Mangyans Say Our Rights First Before Tamaraw Concerns
 

"Mabuti pa ang hayop, may batas para sa kanila, pero kaming Mangyan, binabalewala. (Animals are better off, there are laws for them. We, Mangyans, are ignored.)," said Enrique Tupaz, a Tadyawan and a worker of the Roman Catholics’ Mangyan Mission Foundation in Caplapan, Mindoro.
 

Tupaz and other members of the Mangyan tribes spoke to NORDIS when they were in Baguio City last May 1 for a cultural exposure.

Tupaz was referring to the tamaraw (Anoa Mindorensis), a wild buffalo found only in Mindoro, which has been receiving much attention since an international alarm was raised on its endangered status.

The Mangyans, composed of seven tribes: the Tadyawan, Alangan, Tan B’uid, Iraya, Buhid, Hanunuo, and Gubatnon, are the first people of Mindoro. Today, they number only about 78,000 or approximately 9% of Mindoro’s 832,642 population. Most of them were pushed to the hinterlands because of the continued encroachment by the non-Mangyan into their territory.
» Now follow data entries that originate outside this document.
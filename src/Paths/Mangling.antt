-- ===== src/Paths/Mangling.antt =====
-- `mangleExtensions` of server/src/Paths.cpp: it ends, as every round takes an extension off.
use utbot_cpp.Base.{
  ℕ, zero, suc, ◌+◌, ◌≤◌, true, false, [], ◌∷◌, ◌++◌, List, ◌≡◌, ◌≢◌, refl, sym, ap, ◌∙◌, arith,
  Text, length, length-append, if◌then◌else◌, append-nil, Bool-cases, inl, inr,
}
use utbot_cpp.Paths.FilePath.{
  FilePath, change_last, last_part, path_string, with_dot, split_name, filename, extension,
  has_extension, stem, replace_extension,
}
use utbot_cpp.Paths.FileNames.{
  remove_extension, mangle_text, mangle_extensions_loop, mangle_extensions,
}
use utbot_cpp.Paths.Stems.{split_name_lem}

last_part-change_last :
    (f : Text → Text) (parts : List Text)
    → last_part parts ≢ []
    → last_part (change_last f parts) ≡ f (last_part parts)
last_part-change_last f [] some_name = absurd (some_name refl)
last_part-change_last f (part ∷ []) some_name = refl
last_part-change_last f (part ∷ next ∷ []) some_name = refl
last_part-change_last f (part ∷ next ∷ last ∷ parts) some_name =
    last_part-change_last f (next ∷ last ∷ parts) some_name

some_bytes : (x : Text) → (elim x [ [] ↦ false | c ∷ s ↦ true ]) ≡ true → 1 ≤ length x
some_bytes [] e = cc
some_bytes (c ∷ s) e = omega arith

has_extension-length : (p : FilePath) → has_extension p ≡ true → 1 ≤ length (extension p)
unfolding has_extension
has_extension-length p has = some_bytes (extension p) has

length-filename : (p : FilePath) → length (stem p) + length (extension p) ≡ length (filename p)
unfolding stem extension
length-filename p =
    sym (length-append (split_name (filename p)).0 (split_name (filename p)).1)
    ∙ ap length (split_name_lem (filename p)).0

some_name : (s : Text) → 1 ≤ length s → s ≢ []
some_name [] h = absurd (omega arith)
some_name (c ∷ s) h = λ e. cc

filename-remove_extension :
    (p : FilePath) → filename p ≢ [] → filename (remove_extension p) ≡ stem p
unfolding filename remove_extension replace_extension stem
filename-remove_extension p named =
    last_part-change_last (λ name. (split_name name).0 ++ with_dot []) p.parts named
    ∙ append-nil (split_name (last_part p.parts)).0

-- A path with an extension has a longer name than without it.
length-filename-remove_extension :
    (p : FilePath)
    → has_extension p ≡ true
    → suc (length (filename (remove_extension p))) ≤ length (filename p)
length-filename-remove_extension p has =
    let some_extension = has_extension-length p has in
    let parts_of = length-filename p in
    let named : filename p ≢ [] = some_name (filename p) (omega arith) in
    let kept : length (filename (remove_extension p)) ≡ length (stem p) =
      ap length (filename-remove_extension p named) in
    omega arith

mangle_extensions_loop_fuel :
    (n m : ℕ) (p : FilePath)
    → length (filename p) ≤ n
    → length (filename p) ≤ m
    → mangle_extensions_loop n p ≡ mangle_extensions_loop m p
unfolding mangle_extensions_loop
mangle_extensions_loop_fuel zero zero p hn hm = refl
mangle_extensions_loop_fuel zero (suc m) p hn hm = elim (Bool-cases (has_extension p)) [
  | inl has ↦ absurd (omega (arith, length-filename-remove_extension p has))
  | inr none_left ↦ rw none_left refl
]
mangle_extensions_loop_fuel (suc n) zero p hn hm = elim (Bool-cases (has_extension p)) [
  | inl has ↦ absurd (omega (arith, length-filename-remove_extension p has))
  | inr none_left ↦ rw none_left refl
]
mangle_extensions_loop_fuel (suc n) (suc m) p hn hm = elim (Bool-cases (has_extension p)) [
  | inl has ↦
      let shorter = length-filename-remove_extension p has in
      rw has (
        ap (λ s. s ++ mangle_text (extension p))
          (mangle_extensions_loop_fuel n m (remove_extension p) (omega arith) (omega arith)))
  | inr none_left ↦ rw none_left refl
]

mangle_extensions_loop_last :
    (n : ℕ) (p : FilePath)
    → has_extension p ≡ false
    → mangle_extensions_loop (suc n) p ≡ path_string p
unfolding mangle_extensions_loop
mangle_extensions_loop_last n p none_left =
    ap
      (λ t.
        if t
        then mangle_extensions_loop n (remove_extension p) ++ mangle_text (extension p)
        else path_string p)
      none_left

mangle_extensions_loop_round :
    (n : ℕ) (p : FilePath)
    → has_extension p ≡ true
    → mangle_extensions_loop (suc n) p
      ≡ mangle_extensions_loop n (remove_extension p) ++ mangle_text (extension p)
unfolding mangle_extensions_loop
mangle_extensions_loop_round n p has =
    ap
      (λ t.
        if t
        then mangle_extensions_loop n (remove_extension p) ++ mangle_text (extension p)
        else path_string p)
      has

-- `mangleExtensions` ends and is what its source calls for: a path without an extension is its own
-- text, and any other is the result for the path without its extension, and the extension mangled.
pub mangle_extensions_lem :
    (p : FilePath)
    → (has_extension p ≡ false → mangle_extensions p ≡ path_string p)
      × (has_extension p ≡ true
          → mangle_extensions p
            ≡ mangle_extensions (remove_extension p) ++ mangle_text (extension p))
unfolding mangle_extensions
mangle_extensions_lem p = (
  λ none_left.
      mangle_extensions_loop_fuel (length (filename p)) (suc (length (filename p))) p (omega arith)
        (omega arith)
      ∙ mangle_extensions_loop_last (length (filename p)) p none_left,
  λ has.
      let shorter = length-filename-remove_extension p has in
      mangle_extensions_loop_fuel (length (filename p)) (suc (length (filename p))) p (omega arith)
        (omega arith)
      ∙ mangle_extensions_loop_round (length (filename p)) p has
      ∙ ap (λ s. s ++ mangle_text (extension p))
          (mangle_extensions_loop_fuel (length (filename p))
            (length (filename (remove_extension p))) (remove_extension p) (omega arith)
            (omega arith)),
)
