-- ===== src/Paths/TestNames.antt =====
-- `sourcePathToTestName` and `testPathToSourceName` of server/src/Paths.cpp undo each other on source files.
use utbot_cpp.Base.{
  ℕ, true, false, not, all, List, [], ◌∷◌, ◌++◌, codes, ◌≡◌, ◌≢◌, refl, sym, ap, ◌∙◌, subst, arith,
  Text, text_eq, text_eq_sound, ◌==◌, some, All, any, Bool-cases, inl, inr, append_assoc,
}
use utbot_cpp.Strings.Affixes.{starts_with}
use utbot_cpp.Strings.Replace.{rfind}
use utbot_cpp.Strings.Split.{Lacks, getline_loop, getline_loop-join_with, join_with}
use utbot_cpp.Paths.FilePath.{
  FilePath, split_name, stem, extension, filename, parent_path, path_of, path_of_name, append_path,
  append_name, normalized_trimmed, normal_loop,
}
use utbot_cpp.Paths.FileNames.{
  dot_sep, test_suffix, add_suffix, remove_suffix, suffixed_name, encoded_name, decoded_name,
  without_last, add_orig_extension_as_suffix_and_add_new, restore_extension_from_suffix,
}
use utbot_cpp.Paths.FileKinds.{
  is_source_file, is_c_file, is_cxx_file, cxx_file_extensions, c_file_source_extensions,
}
use utbot_cpp.Paths.Project.{
  source_path_to_test_path, source_path_to_test_name, test_path_to_source_name,
  get_relative_dir_path,
}
use utbot_cpp.Paths.ProjectDirs.{ProjectContext, get_test_dir_abs_path}
use utbot_cpp.Paths.Directories.{IsName, filename-append_name}
use utbot_cpp.Paths.Stems.{
  no_dot_dot, split_name-append, split_name_lem, without_last-append, decoded_name-append,
}

-- What stands behind the dot of an extension that a name can keep.
abbrev pub IsExtension : Text → Type 0
IsExtension e = (e ≢ []) × Lacks b'.' e × (rfind dot_sep (dot_sep ++ e) ≡ some 0)

abbrev pub IsExtended : Text → Type 0
IsExtended x = (e : Text) × (x ≡ b'.' ∷ e) × IsExtension e

any-text_eq :
    (P : Text → Type 0) (xs : List Text) (x : Text)
    → All P xs
    → any (λ y. text_eq y x) xs ≡ true
    → P x
any-text_eq P [] x h e = cc
any-text_eq P (y ∷ xs) x (here, h) e = elim (Bool-cases (text_eq y x)) [
  | inl same ↦ subst P (text_eq_sound y x same) here
  | inr other ↦ any-text_eq P xs x h (ground arith)
]

pub all-Lacks : (b : ℕ) (s : Text) → all (λ c. not (c == b)) s ≡ true → Lacks b s
all-Lacks b [] e = tt
all-Lacks b (c ∷ s) e = (ground arith, all-Lacks b s (ground arith))

IsExtended-cons :
    (c : ℕ) (s : Text)
    → all (λ d. not (d == b'.')) (c ∷ s) ≡ true
    → rfind dot_sep (dot_sep ++ c ∷ s) ≡ some 0
    → IsExtended (b'.' ∷ c ∷ s)
IsExtended-cons c s no_dot found = (c ∷ s, refl, (λ e. cc, all-Lacks b'.' (c ∷ s) no_dot, found))

cxx_file_extensions-IsExtended : All IsExtended cxx_file_extensions
unfolding rfind codes starts_with text_eq
cxx_file_extensions-IsExtended = (
  IsExtended-cons b'c' (b'c' ∷ []) refl refl,
  (
    IsExtended-cons b'c' (b'p' ∷ []) refl refl,
    (
      IsExtended-cons b'c' (b'p' ∷ b'p' ∷ []) refl refl,
      (
        IsExtended-cons b'c' (b'+' ∷ b'+' ∷ []) refl refl,
        (IsExtended-cons b'c' (b'x' ∷ b'x' ∷ []) refl refl, tt),
      ),
    ),
  ),
)

c_file_source_extensions-IsExtended : All IsExtended c_file_source_extensions
unfolding rfind codes starts_with text_eq
c_file_source_extensions-IsExtended = (IsExtended-cons b'c' [] refl refl, tt)

is_source_file-IsExtended : (p : FilePath) → is_source_file p ≡ true → IsExtended (extension p)
unfolding is_source_file is_c_file is_cxx_file codes extension
is_source_file-IsExtended p e = elim (Bool-cases (is_c_file p)) [
  | inl is_c ↦
      any-text_eq IsExtended c_file_source_extensions (extension p)
        c_file_source_extensions-IsExtended is_c
  | inr not_c ↦
      any-text_eq IsExtended cxx_file_extensions (extension p) cxx_file_extensions-IsExtended
        (ground arith)
]

IsName-append : (front ext : Text) → front ≢ [] → ext ≢ [] → IsName (front ++ b'.' ∷ ext)
unfolding text_eq
IsName-append [] ext some_front some_byte = absurd (some_front refl)
IsName-append (c ∷ []) ext some_front some_byte = (ground arith, no_dot_dot c [] ext some_byte)
IsName-append (c ∷ d ∷ front) ext some_front some_byte =
    (ground arith, no_dot_dot c (d ∷ front) ext some_byte)

-- A name without a slash is a path of one name.
path_of-path_of_name :
    (name : Text) → IsName name → Lacks b'/' name → path_of name ≡ path_of_name name
unfolding path_of path_of_name normalized_trimmed normal_loop join_with
path_of-path_of_name [] h lacks = refl
path_of-path_of_name (c ∷ s) (some_name, up) lacks =
    let split_one : getline_loop b'/' [] (c ∷ s) ≡ (c ∷ s) ∷ [] =
      getline_loop-join_with b'/' ((c ∷ s) ∷ []) ((lacks, λ e. cc), tt) in
    let relative : (c == b'/') ≡ false = ground (arith, lacks.0) in
    rw (relative, split_one) (rw (some_name, up) refl)

append-some : (front s : Text) → front ≢ [] → front ++ s ≢ []
append-some [] s some_front = absurd (some_front refl)
append-some (c ∷ front) s some_front = λ e. cc

-- Names that end in `.cpp`.
IsName-cpp : (front : Text) → front ≢ [] → IsName (front ++ codes ".cpp")
unfolding codes
IsName-cpp front some_front = IsName-append front (codes "cpp") some_front (λ e. cc)

split_name-cpp :
    (front : Text) → front ≢ [] → split_name (front ++ codes ".cpp") ≡ (front, codes ".cpp")
unfolding codes
split_name-cpp front some_front =
    split_name-append front (codes "cpp") some_front (λ e. cc) (all-Lacks b'.' (codes "cpp") refl)

-- The path of a name that ends so, in any directory.
module _ (p : FilePath) (front : Text) (some_front : front ≢ [])
    (e : filename p ≡ front ++ codes ".cpp") where
  filename-add_suffix :
      (suffix : Text) → filename (add_suffix p suffix) ≡ (front ++ suffix) ++ codes ".cpp"
  unfolding add_suffix suffixed_name stem extension
  filename-add_suffix suffix =
      let cut = ap split_name e ∙ split_name-cpp front some_front in
      let name : suffixed_name p suffix ≡ (front ++ suffix) ++ codes ".cpp" =
        ap (λ c. c.0 ++ (suffix ++ c.1)) cut ∙ sym (append_assoc front suffix (codes ".cpp")) in
      ap (λ n. filename (append_name (parent_path p) n)) name
      ∙ filename-append_name (parent_path p) _
          (IsName-cpp (front ++ suffix) (append-some front suffix some_front))

  stem-cpp : stem p ≡ front
  unfolding stem
  stem-cpp = ap (λ c. c.0) (ap split_name e ∙ split_name-cpp front some_front)

  extension-cpp : extension p ≡ codes ".cpp"
  unfolding extension
  extension-cpp = ap (λ c. c.1) (ap split_name e ∙ split_name-cpp front some_front)

stem-extension : (p : FilePath) → stem p ++ extension p ≡ filename p
unfolding stem extension
stem-extension p = (split_name_lem (filename p)).0

stem_some : (p : FilePath) (e : Text) → extension p ≡ b'.' ∷ e → stem p ≢ []
unfolding stem extension
stem_some p e kept = (split_name_lem (filename p)).1 (λ none_left. ground (arith, kept, none_left))

-- A source file, by the two parts of its name.
module _ (source : FilePath) (e : Text) (h : IsExtension e) (kept : extension source ≡ b'.' ∷ e)
    (some_stem : stem source ≢ []) where
  -- `sourcePathToTestName` of it, less its ending.
  abbrev kept_name : Text
  kept_name = stem source ++ (dot_sep ++ e)

  kept_name_some : kept_name ≢ []
  kept_name_some = append-some (stem source) (dot_sep ++ e) some_stem

  source_parts : stem source ++ b'.' ∷ e ≡ filename source
  source_parts = ap (λ x. stem source ++ x) (sym kept) ∙ stem-extension source

  source-IsName : IsName (filename source)
  source-IsName = subst IsName source_parts (IsName-append (stem source) e some_stem h.0)

  filename-encoded :
      filename (add_orig_extension_as_suffix_and_add_new source (codes ".cpp"))
      ≡ kept_name ++ codes ".cpp"
  unfolding add_orig_extension_as_suffix_and_add_new encoded_name
  filename-encoded =
      let name : encoded_name (stem source) (b'.' ∷ e) (codes ".cpp") ≡ kept_name ++ codes ".cpp" =
        simp append_assoc in
      rw kept (
        ap (λ n. filename (append_name (parent_path source) n)) name
        ∙ filename-append_name (parent_path source) _ (IsName-cpp kept_name kept_name_some))

  source_path_to_test_name-kept :
      source_path_to_test_name source ≡ (kept_name ++ test_suffix) ++ codes ".cpp"
  unfolding source_path_to_test_name
  source_path_to_test_name-kept =
      filename-add_suffix (add_orig_extension_as_suffix_and_add_new source (codes ".cpp")) kept_name
        kept_name_some filename-encoded test_suffix

  module _ (test : FilePath)
      (named : filename test ≡ (kept_name ++ test_suffix) ++ codes ".cpp") where
    filename-remove_suffix : filename (remove_suffix test test_suffix) ≡ kept_name ++ codes ".cpp"
    unfolding remove_suffix rfind codes starts_with text_eq
    filename-remove_suffix =
        let some_front = append-some kept_name test_suffix kept_name_some in
        let name : without_last (stem test) test_suffix ++ extension test
            ≡ kept_name ++ codes ".cpp" =
          rw
            (
              stem-cpp test (kept_name ++ test_suffix) some_front named,
              extension-cpp test (kept_name ++ test_suffix) some_front named,
              without_last-append kept_name test_suffix refl,
            )
            refl in
        ap (λ n. filename (append_name (parent_path test) n)) name
        ∙ filename-append_name (parent_path test) _ (IsName-cpp kept_name kept_name_some)

    test_path_to_source_name-kept :
        Lacks b'/' (filename source) → test_path_to_source_name test ≡ filename source
    unfolding test_path_to_source_name restore_extension_from_suffix
    test_path_to_source_name-kept no_slash =
        let back = remove_suffix test test_suffix in
        let decoded : decoded_name (stem back) (codes ".c") ≡ filename source =
          ap (λ s. decoded_name s (codes ".c"))
            (stem-cpp back kept_name kept_name_some filename-remove_suffix)
          ∙ decoded_name-append (stem source) e (codes ".c") h.2
          ∙ source_parts in
        ap (λ s. filename (append_path (parent_path back) (path_of s))) decoded
        ∙ ap (λ q. filename (append_path (parent_path back) q))
            (path_of-path_of_name (filename source) source-IsName no_slash)
        ∙ (unfold append_name in
            filename-append_name (parent_path back) (filename source) source-IsName)

pub filename_some : (source : FilePath) → is_source_file source ≡ true → filename source ≢ []
filename_some source is_source =
    let (e, kept, h) = is_source_file-IsExtended source is_source in
    subst (λ s. s ≢ []) (source_parts source e h kept (stem_some source e kept))
      (append-some (stem source) (b'.' ∷ e) (stem_some source e kept))

-- The name of the tests is a name, and stands last in their path.
pub source_path_to_test_name-IsName :
    (source : FilePath) → is_source_file source ≡ true → IsName (source_path_to_test_name source)
source_path_to_test_name-IsName source is_source =
    let (e, kept, h) = is_source_file-IsExtended source is_source in
    let some_stem = stem_some source e kept in
    subst IsName (sym (source_path_to_test_name-kept source e h kept some_stem)) (
      IsName-cpp _ (
        append-some (kept_name source e h kept some_stem) test_suffix
          (kept_name_some source e h kept some_stem)))

-- `testPathToSourceName` of the path of the tests of a source file is the name of the file, whatever
-- `fs::relative` gives, if the file has one of the extensions of C and C++ sources and its name no
-- slash.
pub test_path_to_source_name-source_path_to_test_path :
    (relative : FilePath → FilePath → FilePath) (ctx : ProjectContext) (source : FilePath)
    → is_source_file source ≡ true
    → Lacks b'/' (filename source)
    → test_path_to_source_name (source_path_to_test_path relative ctx source) ≡ filename source
unfolding source_path_to_test_path
test_path_to_source_name-source_path_to_test_path relative ctx source is_source no_slash =
    let (e, kept, h) = is_source_file-IsExtended source is_source in
    let some_stem = stem_some source e kept in
    test_path_to_source_name-kept source e h kept some_stem
      (source_path_to_test_path relative ctx source)
      (filename-append_name
          (append_path (get_test_dir_abs_path ctx) (get_relative_dir_path relative ctx source)) _
          (source_path_to_test_name-IsName source is_source)
        ∙ source_path_to_test_name-kept source e h kept some_stem)
      no_slash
In November 1990, Philippine Republic Act No. 6148 declared the Mindoro National Park in an effort to save the tamaraw, estimated to number less than 200 that year.

"The Mangyans are angry at the tamaraw because the government is more concerned with the wild buffalo’s preservation than listening to their plight as a people," said Dave de Vera of the Philippine Association for International Development (PAFID).

But Tupaz said the Mangyans’ values can assure the continued existence of the tamaraw if the government will just respect the tribes’ rights over their ancestral domain. The different Mangyan tribes believe that the tamaraw belongs to the forest god. It is not to be hunted and killed. Its number only dwindled with the entry of logging and outsiders.

Despite debates whether they should apply for Certificates of Ancestral Domain Claim or not, the Mangyans, with the help of the PAFID, are delineating their ancestral domain through a land survey instrument that makes use of satellites.

Mangyan coalitions have come out with the position not to recognise any government land programs, including declared protected areas, until their ancestral domain rights are assured. The Buhid, the largest of the Mangyan tribes, surveyed 92,128 hectares as its ancestral domain. Their domain includes government-proposed protected areas: the Mangyan Heritage Park and a Tamaraw Gene Pool.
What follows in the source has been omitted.